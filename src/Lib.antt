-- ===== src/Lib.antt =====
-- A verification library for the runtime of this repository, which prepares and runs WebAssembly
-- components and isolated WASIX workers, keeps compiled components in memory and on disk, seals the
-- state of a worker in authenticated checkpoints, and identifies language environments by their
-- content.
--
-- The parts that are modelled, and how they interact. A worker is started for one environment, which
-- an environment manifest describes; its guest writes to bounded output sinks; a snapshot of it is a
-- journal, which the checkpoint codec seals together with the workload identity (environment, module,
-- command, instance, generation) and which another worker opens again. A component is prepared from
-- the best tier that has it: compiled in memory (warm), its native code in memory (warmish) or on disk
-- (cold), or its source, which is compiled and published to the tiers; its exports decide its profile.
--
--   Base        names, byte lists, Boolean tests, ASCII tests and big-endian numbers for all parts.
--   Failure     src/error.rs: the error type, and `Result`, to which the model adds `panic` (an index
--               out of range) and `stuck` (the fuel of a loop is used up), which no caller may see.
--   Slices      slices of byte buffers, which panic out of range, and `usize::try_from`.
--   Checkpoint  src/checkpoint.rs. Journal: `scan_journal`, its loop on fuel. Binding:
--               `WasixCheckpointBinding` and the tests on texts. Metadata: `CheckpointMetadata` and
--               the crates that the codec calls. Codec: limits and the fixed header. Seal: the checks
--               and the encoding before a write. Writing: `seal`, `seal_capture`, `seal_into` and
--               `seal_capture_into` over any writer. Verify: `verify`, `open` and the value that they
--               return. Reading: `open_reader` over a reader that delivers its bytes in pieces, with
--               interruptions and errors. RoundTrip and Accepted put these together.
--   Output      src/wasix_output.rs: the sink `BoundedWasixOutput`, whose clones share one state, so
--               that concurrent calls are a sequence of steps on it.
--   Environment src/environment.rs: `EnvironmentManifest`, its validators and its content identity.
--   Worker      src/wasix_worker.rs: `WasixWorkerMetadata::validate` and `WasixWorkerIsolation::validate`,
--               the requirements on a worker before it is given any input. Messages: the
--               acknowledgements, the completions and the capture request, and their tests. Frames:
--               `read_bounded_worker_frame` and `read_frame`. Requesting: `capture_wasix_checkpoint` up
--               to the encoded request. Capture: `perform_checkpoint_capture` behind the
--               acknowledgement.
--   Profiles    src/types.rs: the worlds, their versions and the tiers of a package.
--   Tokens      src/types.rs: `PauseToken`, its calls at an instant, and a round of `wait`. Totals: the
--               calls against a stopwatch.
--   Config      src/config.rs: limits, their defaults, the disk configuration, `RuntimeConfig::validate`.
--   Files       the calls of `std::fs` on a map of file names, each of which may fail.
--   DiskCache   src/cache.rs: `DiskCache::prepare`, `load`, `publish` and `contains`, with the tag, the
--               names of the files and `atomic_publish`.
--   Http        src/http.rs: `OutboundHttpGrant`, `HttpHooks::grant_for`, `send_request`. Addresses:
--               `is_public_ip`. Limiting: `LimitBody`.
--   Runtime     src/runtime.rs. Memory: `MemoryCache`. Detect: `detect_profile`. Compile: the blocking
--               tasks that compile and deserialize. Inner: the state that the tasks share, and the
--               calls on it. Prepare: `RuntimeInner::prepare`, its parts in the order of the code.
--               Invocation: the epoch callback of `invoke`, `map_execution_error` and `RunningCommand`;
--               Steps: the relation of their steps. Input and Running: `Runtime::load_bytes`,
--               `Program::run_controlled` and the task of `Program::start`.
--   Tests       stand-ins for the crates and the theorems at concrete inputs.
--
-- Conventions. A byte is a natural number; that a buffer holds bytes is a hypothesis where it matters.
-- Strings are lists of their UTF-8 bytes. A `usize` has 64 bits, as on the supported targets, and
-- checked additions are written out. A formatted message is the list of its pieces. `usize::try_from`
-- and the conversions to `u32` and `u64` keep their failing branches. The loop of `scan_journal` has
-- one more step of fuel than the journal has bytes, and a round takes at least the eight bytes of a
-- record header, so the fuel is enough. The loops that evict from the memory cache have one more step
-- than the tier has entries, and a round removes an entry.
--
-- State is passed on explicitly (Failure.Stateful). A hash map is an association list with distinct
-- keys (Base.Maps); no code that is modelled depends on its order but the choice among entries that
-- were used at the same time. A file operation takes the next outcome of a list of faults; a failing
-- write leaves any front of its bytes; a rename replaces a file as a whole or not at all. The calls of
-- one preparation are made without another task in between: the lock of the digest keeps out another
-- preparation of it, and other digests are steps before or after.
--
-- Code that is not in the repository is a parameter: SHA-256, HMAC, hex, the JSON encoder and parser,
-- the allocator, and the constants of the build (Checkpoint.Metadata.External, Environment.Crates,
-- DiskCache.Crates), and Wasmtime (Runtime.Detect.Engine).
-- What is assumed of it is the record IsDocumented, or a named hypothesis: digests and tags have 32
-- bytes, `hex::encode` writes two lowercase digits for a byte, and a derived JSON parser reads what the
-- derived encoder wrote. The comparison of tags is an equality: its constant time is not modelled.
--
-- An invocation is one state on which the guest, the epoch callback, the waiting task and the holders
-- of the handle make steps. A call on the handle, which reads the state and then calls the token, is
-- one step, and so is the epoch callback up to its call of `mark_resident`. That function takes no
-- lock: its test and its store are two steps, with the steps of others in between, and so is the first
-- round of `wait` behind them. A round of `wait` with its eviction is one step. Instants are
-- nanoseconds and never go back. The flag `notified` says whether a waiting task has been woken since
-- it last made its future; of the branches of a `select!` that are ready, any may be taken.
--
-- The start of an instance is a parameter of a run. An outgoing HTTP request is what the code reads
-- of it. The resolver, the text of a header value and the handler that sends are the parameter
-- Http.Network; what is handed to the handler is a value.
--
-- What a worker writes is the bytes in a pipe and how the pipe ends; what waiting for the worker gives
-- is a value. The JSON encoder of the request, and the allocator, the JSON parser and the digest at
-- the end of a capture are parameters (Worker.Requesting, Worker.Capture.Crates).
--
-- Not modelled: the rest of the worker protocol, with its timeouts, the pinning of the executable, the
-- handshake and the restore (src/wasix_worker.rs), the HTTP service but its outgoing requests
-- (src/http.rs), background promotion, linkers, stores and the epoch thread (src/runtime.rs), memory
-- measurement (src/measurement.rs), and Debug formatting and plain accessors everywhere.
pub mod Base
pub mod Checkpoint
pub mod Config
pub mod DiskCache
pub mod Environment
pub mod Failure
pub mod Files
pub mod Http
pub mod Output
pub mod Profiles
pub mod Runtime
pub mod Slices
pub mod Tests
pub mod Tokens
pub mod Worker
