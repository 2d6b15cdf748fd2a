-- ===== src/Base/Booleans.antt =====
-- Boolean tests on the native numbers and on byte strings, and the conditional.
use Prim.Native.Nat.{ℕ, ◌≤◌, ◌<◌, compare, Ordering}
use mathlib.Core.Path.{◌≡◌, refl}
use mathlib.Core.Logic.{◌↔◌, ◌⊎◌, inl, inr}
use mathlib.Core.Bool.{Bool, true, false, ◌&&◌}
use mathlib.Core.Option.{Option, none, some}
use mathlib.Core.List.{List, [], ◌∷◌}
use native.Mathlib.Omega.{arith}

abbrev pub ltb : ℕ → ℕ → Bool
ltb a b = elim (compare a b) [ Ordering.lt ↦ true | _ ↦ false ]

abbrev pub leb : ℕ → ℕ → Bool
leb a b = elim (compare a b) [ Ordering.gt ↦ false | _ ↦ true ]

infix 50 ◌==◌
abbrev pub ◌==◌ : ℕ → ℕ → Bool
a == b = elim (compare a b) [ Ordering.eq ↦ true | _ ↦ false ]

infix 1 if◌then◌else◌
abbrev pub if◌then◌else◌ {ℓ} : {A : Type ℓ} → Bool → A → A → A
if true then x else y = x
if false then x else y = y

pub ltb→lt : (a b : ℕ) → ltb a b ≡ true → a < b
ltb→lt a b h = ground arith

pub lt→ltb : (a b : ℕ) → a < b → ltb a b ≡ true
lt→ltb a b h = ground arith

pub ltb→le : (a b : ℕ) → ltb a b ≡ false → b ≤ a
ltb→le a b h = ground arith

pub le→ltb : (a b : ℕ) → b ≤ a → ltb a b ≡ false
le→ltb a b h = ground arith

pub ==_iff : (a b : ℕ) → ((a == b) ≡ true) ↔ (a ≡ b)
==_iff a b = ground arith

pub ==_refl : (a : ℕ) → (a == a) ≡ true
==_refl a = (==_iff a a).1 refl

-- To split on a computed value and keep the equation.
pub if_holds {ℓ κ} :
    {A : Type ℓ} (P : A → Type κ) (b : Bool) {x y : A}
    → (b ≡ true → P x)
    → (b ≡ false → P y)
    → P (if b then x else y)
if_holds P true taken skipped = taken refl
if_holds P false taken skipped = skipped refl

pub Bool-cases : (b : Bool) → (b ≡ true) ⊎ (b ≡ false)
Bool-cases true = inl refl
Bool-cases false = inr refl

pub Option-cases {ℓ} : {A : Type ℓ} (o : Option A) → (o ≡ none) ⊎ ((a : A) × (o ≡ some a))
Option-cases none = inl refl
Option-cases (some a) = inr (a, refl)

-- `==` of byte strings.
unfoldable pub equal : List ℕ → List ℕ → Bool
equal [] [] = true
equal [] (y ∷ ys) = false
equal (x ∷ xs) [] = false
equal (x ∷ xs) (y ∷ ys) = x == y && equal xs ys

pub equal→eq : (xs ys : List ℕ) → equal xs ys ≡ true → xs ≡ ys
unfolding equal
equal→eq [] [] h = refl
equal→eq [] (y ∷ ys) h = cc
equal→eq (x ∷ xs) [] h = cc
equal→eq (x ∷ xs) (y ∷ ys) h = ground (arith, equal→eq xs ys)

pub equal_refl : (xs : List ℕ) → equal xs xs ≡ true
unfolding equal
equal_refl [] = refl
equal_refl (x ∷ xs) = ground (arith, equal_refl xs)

### INSTRUCTIONS TO FOLLOW
Repeat, character for character, the lines from the one that holds "equal→eq (x ∷ xs) [] h = cc" to the final line of the material, inclusive, and no other lines.

### EXERCISE RESULT
equal→eq (x ∷ xs) [] h = cc
equal→eq (x ∷ xs) (y ∷ ys) h = ground (arith, equal→eq xs ys)

pub equal_refl : (xs : List ℕ) → equal xs xs ≡ true
unfolding equal
equal_refl [] = refl
equal_refl (x ∷ xs) = ground (arith, equal_refl xs)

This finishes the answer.